The most noteworthy revelations were:
- Mortgage applications to purchase a home fell for the fifth straight week, down 2% from one week early and down a striking 35% from a year ago.
- The decline in 30-year mortgage rates to just 3.45% is NOT stimulating new home purchases - and further corroborates the “lack of contracts for new homes” in the NAHB HMI report also released on April 15, 2020.
- Commercial bank portfolios were the leading capital source for originated loans in 2019, responsible for $179.8 billion of the total. The government sponsored enterprises had the second highest volume at $139.1 billion, followed by commercial mortgage-backed securities issuers (CMBS), life insurance companies and pension funds, and REITS, mortgage REITS and investment funds. The two leading sources of liquidity for housing (banks and the GSEs) are still lending and extending credit at record low interest rates.
- In terms of property types, multifamily properties had the highest volume of mortgage bankers' origination volume at $287.2 billion.
However, just as with all the refreshed economic and earning data coming out, it’s the context that matters. The activity in mortgage applications, which rose overall by 7.3% from last week is mostly refinancing activity (75%+). In fact, refinance applications are up an eye-popping 192% from a year ago when the Federal Reserve commenced rate cutting after the four hikes in 2018. The CEO of Quicken Loans is reporting that March 2020 was a record month for mortgage revenue in their company’s history. Quicken Loans (the largest mortgage originator in the U.S.) is also guiding that April and May will break the March record. Quicken Loans’ CEO added some important context to the refinancing activity noting that it is not just driven by low rates; rather, the top reason cited by applicants for a refi is to access equity in their home now to weather the COVID-19 outbreak. Many are using their home equity to fund loss of income and/or their small businesses who are not yet able to access PPP loans due to the logistics and processing delays. It is not 2009 when the GSEs were shut down and placed in conservatorships, nor when banks rescinded Home Equity Lines of Credit (HELOCs) and dried up liquidity. The silver lining in this mortgage application data is that existing homeowners are able to access liquidity during these “Shelter In Place” orders to bridge to the other side.

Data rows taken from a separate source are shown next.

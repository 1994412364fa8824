-- ===== src/Memory/PageMap/MapOne.antt =====
-- One round of the loop of `paging_map_Page` in memory/paging_map.c.
use helos.Prelude.{
  ℕ, ◌+◌, ◌-◌, ◌*◌, ◌/◌, ◌%◌, ◌^◌, ◌≤◌, ◌≡◌, refl, ap, subst, sym, ◌∙◌, inl, inr, true, ◌&&◌, some,
  List, [], ◌∷◌, ◌==◌, if◌then◌else◌, leb, ltb, arith, Bool-cases, true≢false, ==_iff,
}
use helos.Memory.Physical.Bitmap.{used}
use helos.Memory.Physical.Count.{unused}
use helos.Memory.PageMap.{
  Paging, has, write, enter, map_one, page_entry, flush_tlb_single, index1, index2, index3, index4,
  pml_present,
}
use helos.Memory.PageMap.Entry.{
  IsFrame, index1-lem, index2-lem, index3-lem, index4-lem, page_entry-present,
}
use helos.Memory.PageMap.Walk.{IsTree, IsSmall, walk, find_page, indices}
use helos.Memory.PageMap.Grow.{Role}
use helos.Memory.PageMap.Put.{
  Link, Link-walk, Link-Provided, enter-Entered, Entered-IsSmall, onto, put-IsTree, put-Link,
  put-walk_here, put-walk_other,
}

-- The number of the page, by the bits that the processor reads.
abbrev pub page : ℕ → ℕ
page v = v / 4096 % 2 ^ 36

page-split :
    (v : ℕ)
    → page v
      ≡ ((v / 2 ^ 39 % 512 * 512 + v / 2 ^ 30 % 512) * 512 + v / 2 ^ 21 % 512) * 512
        + v / 2 ^ 12 % 512
page-split v = omega arith

same-indices : (v w : ℕ) → page v ≡ page w → indices v ≡ indices w
same-indices v w h =
    let same : (v / 2 ^ 39 % 512 ≡ w / 2 ^ 39 % 512)
        × (v / 2 ^ 30 % 512 ≡ w / 2 ^ 30 % 512)
        × (v / 2 ^ 21 % 512 ≡ w / 2 ^ 21 % 512)
        × (v / 2 ^ 12 % 512 ≡ w / 2 ^ 12 % 512) =
      omega (arith, page-split v, page-split w, h) in
    rw
      (
        index4-lem v,
        index3-lem v,
        index2-lem v,
        index1-lem v,
        index4-lem w,
        index3-lem w,
        index2-lem w,
        index1-lem w,
        same.0,
        same.1,
        same.2,
        same.3,
      )
      refl

same-page : (v w : ℕ) → onto (indices v) [] ≡ onto (indices w) [] → page v ≡ page w
same-page v w h =
    let same : (index4 v ≡ index4 w)
        × (index3 v ≡ index3 w)
        × (index2 v ≡ index2 w)
        × (index1 v ≡ index1 w) =
      (cc, cc, cc, cc) in
    omega (
      arith,
      page-split v,
      page-split w,
      same,
      index4-lem v,
      index3-lem v,
      index2-lem v,
      index1-lem v,
      index4-lem w,
      index3-lem w,
      index2-lem w,
      index1-lem w,
    )

-- The pages from `virtual` on, `n` of them, are mapped, and no other mapping has changed.
pub record Mapped (n physical virtual flags : ℕ) (s s' : Paging) (role' : Role) : Type 0 where
  pub tree : IsTree s' role'
  pub same_root : s'.pml4 ≡ s.pml4
  pub same_disable : s'.execute_disable ≡ s.execute_disable
  pub fewer : unused s.frames ≤ unused s'.frames + 3 * n
  pub still_used : (f : ℕ) → used s.frames.bitmap f ≡ true → used s'.frames.bitmap f ≡ true
  pub finds :
      (v : ℕ)
      → find_page s' v ≡ (
          if leb (page virtual) (page v) && ltb (page v) (page virtual + n)
          then some
              (page_entry s.execute_disable (physical + (page v - page virtual) * 4096) flags, [])
          else find_page s v)

flush-IsTree :
    {s : Paging} {role : Role} (v : ℕ) → IsTree s role → IsTree (flush_tlb_single v s) role
unfolding flush_tlb_single
flush-IsTree v tree = record {
  root = tree.root;
  aligned = tree.aligned;
  points = tree.points;
  opens = tree.opens;
  in_use = tree.in_use;
  covers = tree.covers;
  fits = tree.fits;
}

-- The last table is reached from the root, and the entry written to it.
module _ (s : Paging) (role : Role) (tree : IsTree s role) (virtual e t3 t2 t1 : ℕ)
    (l4 : Link s role s.pml4 [] (index4 virtual) t3)
    (l3 : Link s role t3 (index4 virtual ∷ []) (index3 virtual) t2)
    (l2 : Link s role t2 (index3 virtual ∷ index4 virtual ∷ []) (index2 virtual) t1)
    (present : has e pml_present ≡ true) where
  abbrev path : List ℕ
  path = index2 virtual ∷ index3 virtual ∷ index4 virtual ∷ []

  abbrev after : Paging
  after = flush_tlb_single virtual (write t1 (index1 virtual) e s)

  after-IsTree : IsTree after role
  after-IsTree =
      flush-IsTree virtual
        (put-IsTree s role tree t1 path (index1 virtual) e l2.child_at refl present)

  after-here : walk after.tables 0 s.pml4 (indices virtual) ≡ some (e, [])
  unfolding flush_tlb_single
  after-here =
      Link-walk (index3 virtual ∷ index2 virtual ∷ index1 virtual ∷ [])
        (put-Link s role tree t1 path (index1 virtual) e l2.child_at refl present (omega arith) l4)
      ∙ Link-walk (index2 virtual ∷ index1 virtual ∷ []) (
          put-Link s role tree t1 path (index1 virtual) e l2.child_at refl present (omega arith) l3)
      ∙ Link-walk (index1 virtual ∷ []) (
          put-Link s role tree t1 path (index1 virtual) e l2.child_at refl present (omega arith) l2)
      ∙ put-walk_here s role tree t1 path (index1 virtual) e l2.child_at refl present

  after-find_page :
      (v : ℕ) → find_page after v ≡ (if page v == page virtual then some (e, []) else find_page s v)
  unfolding find_page flush_tlb_single write
  after-find_page v = elim (Bool-cases (page v == page virtual)) [
    | inl same ↦ rw same (
        ap (walk after.tables 0 s.pml4) (same-indices v virtual ((==_iff _ _).0 same)) ∙ after-here)
    | inr apart ↦ rw apart (
        put-walk_other s role tree t1 path (index1 virtual) e l2.child_at refl present s.pml4 []
          (indices v) l4.at (omega arith)
          (λ h. true≢false (sym ((==_iff _ _).1 (same-page v virtual h)) ∙ apart)))
  ]

-- The state before the write, which has the tables and the mappings of `s`.
module _ (physical virtual flags : ℕ) (s s1 : Paging) (role : Role) (frame : IsFrame physical)
    (tree : IsTree s1 role) (t3 t2 t1 : ℕ) (l4 : Link s1 role s1.pml4 [] (index4 virtual) t3)
    (l3 : Link s1 role t3 (index4 virtual ∷ []) (index3 virtual) t2)
    (l2 : Link s1 role t2 (index3 virtual ∷ index4 virtual ∷ []) (index2 virtual) t1)
    (same_root : s1.pml4 ≡ s.pml4) (same_disable : s1.execute_disable ≡ s.execute_disable)
    (same_page : (v : ℕ) → find_page s1 v ≡ find_page s v)
    (fewer : unused s.frames ≤ unused s1.frames + 3)
    (still_used : (f : ℕ) → used s.frames.bitmap f ≡ true → used s1.frames.bitmap f ≡ true) where
  abbrev new_entry : ℕ
  new_entry = page_entry s1.execute_disable physical flags

  finish :
      Mapped 1 physical virtual flags s
        (flush_tlb_single virtual (write t1 (index1 virtual) new_entry s1))
        role
  unfolding flush_tlb_single write
  finish =
      let present = page_entry-present s1.execute_disable physical flags frame in
      record {
        tree = after-IsTree s1 role tree virtual new_entry t3 t2 t1 l4 l3 l2 present;
        same_root = same_root;
        same_disable = same_disable;
        fewer = fewer;
        still_used = still_used;
        finds = λ v.
            after-find_page s1 role tree virtual new_entry t3 t2 t1 l4 l3 l2 present v
            ∙ rw (same_page v, same_disable) (ground arith);
      }

pub map_one-Mapped :
    (physical virtual flags : ℕ) (s : Paging) (role : Role)
    → IsTree s role
    → IsFrame physical
    → IsSmall (find_page s virtual)
    → 3 ≤ unused s.frames
    → (role' : Role) × Mapped 1 physical virtual flags s (map_one physical virtual flags s) role'
unfolding map_one find_page
map_one-Mapped physical virtual flags s role tree frame small enough =
    let i4 = index4 virtual in
    let i3 = index3 virtual in
    let i2 = index2 virtual in
    let i1 = index1 virtual in
    let r4 = enter s.pml4 i4 s in
    let (role4, e4) =
      enter-Entered s role s.pml4 [] i4 i3 (i2 ∷ i1 ∷ []) tree tree.root (omega arith) small
        (omega arith) in
    let small3 = Entered-IsSmall (i3 ∷ i2 ∷ i1 ∷ []) tree.root e4 small in
    let r3 = enter r4.0 i3 r4.1 in
    let (role3, e3) =
      enter-Entered r4.1 role4 r4.0 (i4 ∷ []) i3 i2 (i1 ∷ []) e4.provided.tree e4.link.child_at
        (omega arith) small3 (omega (arith, e4.provided.fewer)) in
    let small2 = Entered-IsSmall (i2 ∷ i1 ∷ []) e4.link.child_at e3 small3 in
    let r2 = enter r3.0 i2 r3.1 in
    let (role2, e2) =
      enter-Entered r3.1 role3 r3.0 (i3 ∷ i4 ∷ []) i2 i1 [] e3.provided.tree e3.link.child_at
        (omega arith) small2 (omega (arith, e4.provided.fewer, e3.provided.fewer)) in
    let g4 = e4.provided in
    let g3 = e3.provided in
    let g2 = e2.provided in
    let root = g2.same_root ∙ g3.same_root ∙ g4.same_root in
    let l4 = Link-Provided (Link-Provided e4.link g3) g2 in
    (
      role2,
      finish physical virtual flags s r2.1 role2 frame g2.tree r4.0 r3.0 r2.0
          (subst (λ t. Link r2.1 role2 t [] i4 r4.0) (sym root) l4) (Link-Provided e3.link g2)
          e2.link root (g2.same_disable ∙ g3.same_disable ∙ g4.same_disable)
          (λ v.
            ap (λ t. walk r2.1.tables 0 t (indices v)) root
            ∙ g2.same_walk s.pml4 [] (indices v) (g3.keeps s.pml4 [] (g4.keeps s.pml4 [] tree.root))
            ∙ g3.same_walk s.pml4 [] (indices v) (g4.keeps s.pml4 [] tree.root)
            ∙ g4.same_walk s.pml4 [] (indices v) tree.root)
          (omega (arith, g2.fewer, g3.fewer, g4.fewer))
          (λ f h. g2.still_used f (g3.still_used f (g4.still_used f h))),
    )
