-- ===== src/Memory/PageMap/Rights.antt =====
-- In the tables of memory/paging_map.c the last entry alone decides what may be done to a page.
use Prim.Native.Nat.{bit_and}
use mathlib.Core.Option.{some_inj}
use helos.Prelude.{
  ℕ, ◌≡◌, refl, ap, ◌∙◌, inl, inr, Bool, true, false, not, ◌&&◌, Option, none, some, List, [], ◌∷◌,
  arith, Bool-cases, none≢some, length,
}
use helos.Memory.PageMap.{
  Paging, has, pml_addr_mask, pml_present, pml_writeable, pml_execute_disable,
}
use helos.Memory.PageMap.Walk.{
  Access, IsTree, access, allows, find_page, indices, leaf, lets_write, lets_execute, page_address,
  translate, walk,
}

and-true : (b : Bool) → (b && true) ≡ b
and-true true = refl
and-true false = refl

-- The rights by the last entry.
abbrev pub last_access : Bool → ℕ → Option (ℕ × List ℕ) → Option Access
last_access xd v none = none
last_access xd v (some (e, is)) = some (record {
  address = page_address v e is;
  writable = has e pml_writeable;
  executable = not (xd && has e pml_execute_disable);
})

module _ (s : Paging) (role : ℕ → Option (List ℕ)) (tree : IsTree s role) where
  -- A test that an entry for a table passes depends on the last entry.
  allows-last :
      (test : ℕ → Bool)
      → ((e : ℕ) → has e pml_writeable ≡ true → has e pml_execute_disable ≡ false → test e ≡ true)
      → (u : ℕ) (q is : List ℕ) (e : ℕ) (js : List ℕ) → role u ≡ some q
      → walk s.tables (length q) u is ≡ some (e, js)
      → allows test s.tables (length q) u is ≡ test e
  unfolding allows walk
  allows-last test passes u q [] e js at found = absurd (none≢some found)
  allows-last test passes u q (i ∷ is) e js at found =
      elim (Bool-cases (has (s.tables u i) pml_present)) [
        | inr out ↦ absurd (none≢some (rw out at found))
        | inl there ↦ elim (Bool-cases (leaf (length q) (s.tables u i))) [
          | inl page ↦
              let same : s.tables u i ≡ e =
                ap (λ r. r.0) (some_inj.0 (rw (there, page) at found)) in
              rw page (and-true (test (s.tables u i)) ∙ ap test same)
          | inr inner ↦
              let o = tree.opens u q i at there inner in
              rw (inner, passes (s.tables u i) o.0 o.1)
                (allows-last test passes (bit_and (s.tables u i) pml_addr_mask) (i ∷ q) is e js
                  (tree.points u q i at there inner) (rw (there, inner) at found))
        ]
      ]

  pub translate-last : (v : ℕ) → translate s v ≡ last_access s.execute_disable v (find_page s v)
  unfolding translate find_page
  translate-last v = go (walk s.tables 0 s.pml4 (indices v)) refl
    where
      go :
          (o : Option (ℕ × List ℕ))
          → walk s.tables 0 s.pml4 (indices v) ≡ o
          → access v
              (allows lets_write s.tables 0 s.pml4 (indices v))
              (allows (lets_execute s.execute_disable) s.tables 0 s.pml4 (indices v))
              o
            ≡ last_access s.execute_disable v o
      go none found = refl
      go (some (e, js)) found =
          let w =
            allows-last lets_write (λ f yes' no'. yes') s.pml4 [] (indices v) e js tree.root
              found in
          let x =
            allows-last (lets_execute s.execute_disable) (λ f yes' no'. ground (arith, no')) s.pml4
              [] (indices v) e js tree.root found in
          rw (w, x) refl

In short, it truly is not 2009 for housing. Housing was healthy going into 2020 with inventory shortages and strong household growth as millennials became employed and moved out from mom and dad to rent and buy housing. Liquidity is available, unlike 2007-2010 and the intervention is a bottom-up approach making sure workers can attain relief either through expanded and extended unemployment insurance and rent/mortgage forbearance. The GSEs are open for lending. The banks are not rescinding HELOC lines of credit on homeowners. Inventory levels are still at historic imbalances in the shortage category.
The restart of the economy will be gradual and more extended than hoped for extending well into 2H2020. Home buyer and home builder confidence has taken a hit that will not recover until the economy is standing upright again and consumer balance sheets repaired. The robust housing activity of the past 3 years will not return, at earliest, until spring 2021.